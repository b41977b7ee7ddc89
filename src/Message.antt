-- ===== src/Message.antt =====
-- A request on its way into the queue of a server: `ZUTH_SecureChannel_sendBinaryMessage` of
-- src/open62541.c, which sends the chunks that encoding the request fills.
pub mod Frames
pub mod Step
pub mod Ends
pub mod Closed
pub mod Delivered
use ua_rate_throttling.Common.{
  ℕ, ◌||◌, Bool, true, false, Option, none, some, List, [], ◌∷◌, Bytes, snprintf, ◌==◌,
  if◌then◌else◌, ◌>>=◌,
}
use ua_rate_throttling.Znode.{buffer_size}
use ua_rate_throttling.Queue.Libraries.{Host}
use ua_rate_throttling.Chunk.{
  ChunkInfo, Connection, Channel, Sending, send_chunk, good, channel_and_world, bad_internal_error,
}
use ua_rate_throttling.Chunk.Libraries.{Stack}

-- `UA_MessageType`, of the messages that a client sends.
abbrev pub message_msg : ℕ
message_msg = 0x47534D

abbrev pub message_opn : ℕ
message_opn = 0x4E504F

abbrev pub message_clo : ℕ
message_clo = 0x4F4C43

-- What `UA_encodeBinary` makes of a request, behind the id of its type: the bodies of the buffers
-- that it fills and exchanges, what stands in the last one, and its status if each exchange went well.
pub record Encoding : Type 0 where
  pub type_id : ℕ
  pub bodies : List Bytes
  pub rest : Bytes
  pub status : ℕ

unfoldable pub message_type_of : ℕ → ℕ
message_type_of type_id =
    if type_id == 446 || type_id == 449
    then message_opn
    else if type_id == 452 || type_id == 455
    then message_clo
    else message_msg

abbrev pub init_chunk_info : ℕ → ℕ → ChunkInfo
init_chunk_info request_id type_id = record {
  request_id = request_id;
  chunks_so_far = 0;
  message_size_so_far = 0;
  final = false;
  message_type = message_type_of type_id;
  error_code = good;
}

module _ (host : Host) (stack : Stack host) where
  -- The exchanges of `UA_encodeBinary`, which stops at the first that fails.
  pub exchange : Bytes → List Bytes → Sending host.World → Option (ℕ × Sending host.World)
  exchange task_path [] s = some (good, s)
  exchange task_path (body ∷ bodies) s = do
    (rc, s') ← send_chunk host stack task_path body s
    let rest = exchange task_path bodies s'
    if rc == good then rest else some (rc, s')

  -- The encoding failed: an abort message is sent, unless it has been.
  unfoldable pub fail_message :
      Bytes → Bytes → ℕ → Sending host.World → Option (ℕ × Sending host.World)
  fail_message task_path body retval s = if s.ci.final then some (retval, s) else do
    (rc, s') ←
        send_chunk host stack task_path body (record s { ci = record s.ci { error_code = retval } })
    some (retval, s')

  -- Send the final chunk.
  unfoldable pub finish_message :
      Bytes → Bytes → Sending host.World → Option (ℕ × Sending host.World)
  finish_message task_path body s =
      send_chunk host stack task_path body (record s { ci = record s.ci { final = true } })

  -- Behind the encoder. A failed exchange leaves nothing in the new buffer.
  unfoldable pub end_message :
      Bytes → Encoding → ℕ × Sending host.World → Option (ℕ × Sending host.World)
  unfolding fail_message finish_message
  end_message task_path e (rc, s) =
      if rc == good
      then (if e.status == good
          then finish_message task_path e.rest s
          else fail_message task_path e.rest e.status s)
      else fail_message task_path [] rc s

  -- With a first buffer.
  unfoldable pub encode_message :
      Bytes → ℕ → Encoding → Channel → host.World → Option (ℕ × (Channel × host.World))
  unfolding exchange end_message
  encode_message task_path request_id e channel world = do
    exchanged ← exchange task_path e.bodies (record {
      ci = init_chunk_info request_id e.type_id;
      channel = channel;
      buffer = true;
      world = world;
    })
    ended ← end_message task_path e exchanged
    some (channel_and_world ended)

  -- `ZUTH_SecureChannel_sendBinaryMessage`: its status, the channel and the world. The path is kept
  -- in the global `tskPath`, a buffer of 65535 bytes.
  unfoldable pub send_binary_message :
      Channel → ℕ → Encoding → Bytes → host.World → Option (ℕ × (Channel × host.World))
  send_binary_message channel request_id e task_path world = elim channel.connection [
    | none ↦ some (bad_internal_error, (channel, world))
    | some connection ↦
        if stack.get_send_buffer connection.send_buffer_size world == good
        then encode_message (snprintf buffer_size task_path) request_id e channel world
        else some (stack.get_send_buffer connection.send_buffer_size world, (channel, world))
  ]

TASK GOAL:
Copy the whole listing once more, exactly.

RESPONSE AREA:
repository b41977b7ee7ddc89
filename src/Message.antt
-- ===== src/Message.antt =====
-- A request on its way into the queue of a server: `ZUTH_SecureChannel_sendBinaryMessage` of
-- src/open62541.c, which sends the chunks that encoding the request fills.
pub mod Frames
pub mod Step
pub mod Ends
pub mod Closed
pub mod Delivered
use ua_rate_throttling.Common.{
  ℕ, ◌||◌, Bool, true, false, Option, none, some, List, [], ◌∷◌, Bytes, snprintf, ◌==◌,
  if◌then◌else◌, ◌>>=◌,
}
use ua_rate_throttling.Znode.{buffer_size}
use ua_rate_throttling.Queue.Libraries.{Host}
use ua_rate_throttling.Chunk.{
  ChunkInfo, Connection, Channel, Sending, send_chunk, good, channel_and_world, bad_internal_error,
}
use ua_rate_throttling.Chunk.Libraries.{Stack}

-- `UA_MessageType`, of the messages that a client sends.
abbrev pub message_msg : ℕ
message_msg = 0x47534D

abbrev pub message_opn : ℕ
message_opn = 0x4E504F

abbrev pub message_clo : ℕ
message_clo = 0x4F4C43

-- What `UA_encodeBinary` makes of a request, behind the id of its type: the bodies of the buffers
-- that it fills and exchanges, what stands in the last one, and its status if each exchange went well.
pub record Encoding : Type 0 where
  pub type_id : ℕ
  pub bodies : List Bytes
  pub rest : Bytes
  pub status : ℕ

unfoldable pub message_type_of : ℕ → ℕ
message_type_of type_id =
    if type_id == 446 || type_id == 449
    then message_opn
    else if type_id == 452 || type_id == 455
    then message_clo
    else message_msg

abbrev pub init_chunk_info : ℕ → ℕ → ChunkInfo
init_chunk_info request_id type_id = record {
  request_id = request_id;
  chunks_so_far = 0;
  message_size_so_far = 0;
  final = false;
  message_type = message_type_of type_id;
  error_code = good;
}

module _ (host : Host) (stack : Stack host) where
  -- The exchanges of `UA_encodeBinary`, which stops at the first that fails.
  pub exchange : Bytes → List Bytes → Sending host.World → Option (ℕ × Sending host.World)
  exchange task_path [] s = some (good, s)
  exchange task_path (body ∷ bodies) s = do
    (rc, s') ← send_chunk host stack task_path body s
    let rest = exchange task_path bodies s'
    if rc == good then rest else some (rc, s')

  -- The encoding failed: an abort message is sent, unless it has been.
  unfoldable pub fail_message :
      Bytes → Bytes → ℕ → Sending host.World → Option (ℕ × Sending host.World)
  fail_message task_path body retval s = if s.ci.final then some (retval, s) else do
    (rc, s') ←
        send_chunk host stack task_path body (record s { ci = record s.ci { error_code = retval } })
    some (retval, s')

  -- Send the final chunk.
  unfoldable pub finish_message :
      Bytes → Bytes → Sending host.World → Option (ℕ × Sending host.World)
  finish_message task_path body s =
      send_chunk host stack task_path body (record s { ci = record s.ci { final = true } })

  -- Behind the encoder. A failed exchange leaves nothing in the new buffer.
  unfoldable pub end_message :
      Bytes → Encoding → ℕ × Sending host.World → Option (ℕ × Sending host.World)
  unfolding fail_message finish_message
  end_message task_path e (rc, s) =
      if rc == good
      then (if e.status == good
          then finish_message task_path e.rest s
          else fail_message task_path e.rest e.status s)
      else fail_message task_path [] rc s

  -- With a first buffer.
  unfoldable pub encode_message :
      Bytes → ℕ → Encoding → Channel → host.World → Option (ℕ × (Channel × host.World))
  unfolding exchange end_message
  encode_message task_path request_id e channel world = do
    exchanged ← exchange task_path e.bodies (record {
      ci = init_chunk_info request_id e.type_id;
      channel = channel;
      buffer = true;
      world = world;
    })
    ended ← end_message task_path e exchanged
    some (channel_and_world ended)

  -- `ZUTH_SecureChannel_sendBinaryMessage`: its status, the channel and the world. The path is kept
  -- in the global `tskPath`, a buffer of 65535 bytes.
  unfoldable pub send_binary_message :
      Channel → ℕ → Encoding → Bytes → host.World → Option (ℕ × (Channel × host.World))
  send_binary_message channel request_id e task_path world = elim channel.connection [
    | none ↦ some (bad_internal_error, (channel, world))
    | some connection ↦
        if stack.get_send_buffer connection.send_buffer_size world == good
        then encode_message (snprintf buffer_size task_path) request_id e channel world
        else some (stack.get_send_buffer connection.send_buffer_size world, (channel, world))
  ]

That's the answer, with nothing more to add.